### INFORMATION GIVEN
__________

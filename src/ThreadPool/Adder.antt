-- ===== src/ThreadPool/Adder.antt =====
-- Labweek15/threadpools.c: what a step of `addTask` does to the pool.
use native.Mathlib.Decide.{ℕ_discrete}
use operating_system_homewor.Prelude.{
  ℕ, ◌+◌, ◌%◌, ◌≤◌, ◌<◌, ◌≡◌, refl, sym, ap, ◌∙◌, arith, update, update_self, update_ne,
}
use operating_system_homewor.ThreadPool.{
  task_queue_max_size, Shared, Main, numbered, Add, next, all_added, finds_full, finds_room, puts,
  moves_rear,
}
use operating_system_homewor.ThreadPool.State.{added, placed, sure_room, LocalMain}

-- `main` changes nothing that belongs to the workers.
abbrev pub Untouched : Shared → Shared → Type 0
Untouched m m' =
    (m'.pools.sem_mutex ≡ m.pools.sem_mutex)
    × (m'.pools.task_sum ≡ m.pools.task_sum)
    × (m'.pools.task_queue.front ≡ m.pools.task_queue.front)
    × (m'.dealt_with ≡ m.dealt_with)

pub Add-Untouched : {m m' : Shared} {a b : Main} → Add m a m' b → Untouched m m'
Add-Untouched (next h) = (refl, refl, refl, refl)
Add-Untouched (all_added h) = (refl, refl, refl, refl)
Add-Untouched (finds_full h) = (refl, refl, refl, refl)
Add-Untouched (finds_room h) = (refl, refl, refl, refl)
Add-Untouched puts = (refl, refl, refl, refl)
Add-Untouched moves_rear = (refl, refl, refl, refl)

pub Add-rear :
    {m m' : Shared} {a b : Main}
    → m.pools.task_queue.rear ≡ added a % task_queue_max_size
    → LocalMain m.pools.task_queue.rear a
    → Add m a m' b
    → m'.pools.task_queue.rear ≡ added b % task_queue_max_size
Add-rear r l (next h) = r
Add-rear r l (all_added h) = omega (arith, r, l, h)
Add-rear r l (finds_full h) = r
Add-rear r l (finds_room h) = r
Add-rear r l puts = r
Add-rear r l moves_rear = omega (arith, r, l.1)

pub Add-added :
    {m m' : Shared} {a b : Main}
    → LocalMain m.pools.task_queue.rear a
    → Add m a m' b
    → added a ≤ added b
Add-added l (next h) = omega arith
Add-added l (all_added h) = omega (arith, l)
Add-added l (finds_full h) = omega arith
Add-added l (finds_room h) = omega arith
Add-added l puts = omega arith
Add-added l moves_rear = omega arith

pub Add-LocalMain :
    {m m' : Shared} {a b : Main}
    → LocalMain m.pools.task_queue.rear a
    → Add m a m' b
    → LocalMain m'.pools.task_queue.rear b
Add-LocalMain l (next h) = h
Add-LocalMain l (all_added h) = tt
Add-LocalMain l (finds_full h) = l
Add-LocalMain l (finds_room h) = l
Add-LocalMain l puts = (l, refl)
Add-LocalMain l moves_rear = omega (arith, l.0)

-- A place that `main` has seen to be free stays free, for only `main` fills places.
pub Add-room :
    {m m' : Shared} {a b : Main} (t : ℕ)
    → m.pools.task_queue.front ≡ t % task_queue_max_size
    → m.pools.task_queue.rear ≡ added a % task_queue_max_size
    → t ≤ added a
    → added a + sure_room a < t + task_queue_max_size
    → LocalMain m.pools.task_queue.rear a
    → Add m a m' b
    → added b + sure_room b < t + task_queue_max_size
Add-room t f r le few l (next h) = omega arith
Add-room t f r le few l (all_added h) = omega (arith, l, h, few)
Add-room t f r le few l (finds_full h) = omega arith
Add-room t f r le few l (finds_room h) = omega arith
Add-room t f r le few l puts = omega arith
Add-room t f r le few l moves_rear = omega arith

pub Add-queued :
    {m m' : Shared} {a b : Main} (t : ℕ)
    → m.pools.task_queue.rear ≡ added a % task_queue_max_size
    → added a + sure_room a < t + task_queue_max_size
    → LocalMain m.pools.task_queue.rear a
    → ((k : ℕ)
        → t ≤ k
        → k < added a + placed a
        → m.pools.task_queue.tasks (k % task_queue_max_size) ≡ numbered (k + 1))
    → Add m a m' b
    → (k : ℕ) → t ≤ k
    → k < added b + placed b
    → m'.pools.task_queue.tasks (k % task_queue_max_size) ≡ numbered (k + 1)
Add-queued t r few l queued (next h) k le lt = queued k le (omega (arith, lt, l))
Add-queued t r few l queued (all_added h) k le lt = queued k le (omega (arith, lt, l))
Add-queued t r few l queued (finds_full h) k le lt = queued k le (omega (arith, lt, l))
Add-queued t r few l queued (finds_room h) k le lt = queued k le (omega (arith, lt, l))
Add-queued {m = m} t r few l queued (puts {i = i}) k le lt = elim (ℕ_discrete k i) [
  | yes e ↦
      ap (update m.pools.task_queue.tasks m.pools.task_queue.rear (numbered (i + 1)))
        (ap (λ x. x % task_queue_max_size) e ∙ sym r)
      ∙ update_self m.pools.task_queue.tasks m.pools.task_queue.rear (numbered (i + 1))
      ∙ ap (λ x. numbered (x + 1)) (sym e)
  | no ne ↦
      update_ne m.pools.task_queue.tasks m.pools.task_queue.rear (k % task_queue_max_size)
        (numbered (i + 1)) (λ same. omega (arith, same, r, few, le, lt, ne))
      ∙ queued k le (omega (arith, lt, ne))
]
Add-queued t r few l queued moves_rear k le lt = queued k le (omega (arith, lt))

__________

### TO DO
Print only what lies in the material above starting at the line with "b < t + task_queue_max_size" and ending at the line with "m'.pools.task_queue.tasks (k %", every line exactly as given.

### ANSWER FOR THE TASK
    → added b + sure_room b < t + task_queue_max_size
Add-room t f r le few l (next h) = omega arith
Add-room t f r le few l (all_added h) = omega (arith, l, h, few)
Add-room t f r le few l (finds_full h) = omega arith
Add-room t f r le few l (finds_room h) = omega arith
Add-room t f r le few l puts = omega arith
Add-room t f r le few l moves_rear = omega arith

pub Add-queued :
    {m m' : Shared} {a b : Main} (t : ℕ)
    → m.pools.task_queue.rear ≡ added a % task_queue_max_size
    → added a + sure_room a < t + task_queue_max_size
    → LocalMain m.pools.task_queue.rear a
    → ((k : ℕ)
        → t ≤ k
        → k < added a + placed a
        → m.pools.task_queue.tasks (k % task_queue_max_size) ≡ numbered (k + 1))
    → Add m a m' b
    → (k : ℕ) → t ≤ k
    → k < added b + placed b
    → m'.pools.task_queue.tasks (k % task_queue_max_size) ≡ numbered (k + 1)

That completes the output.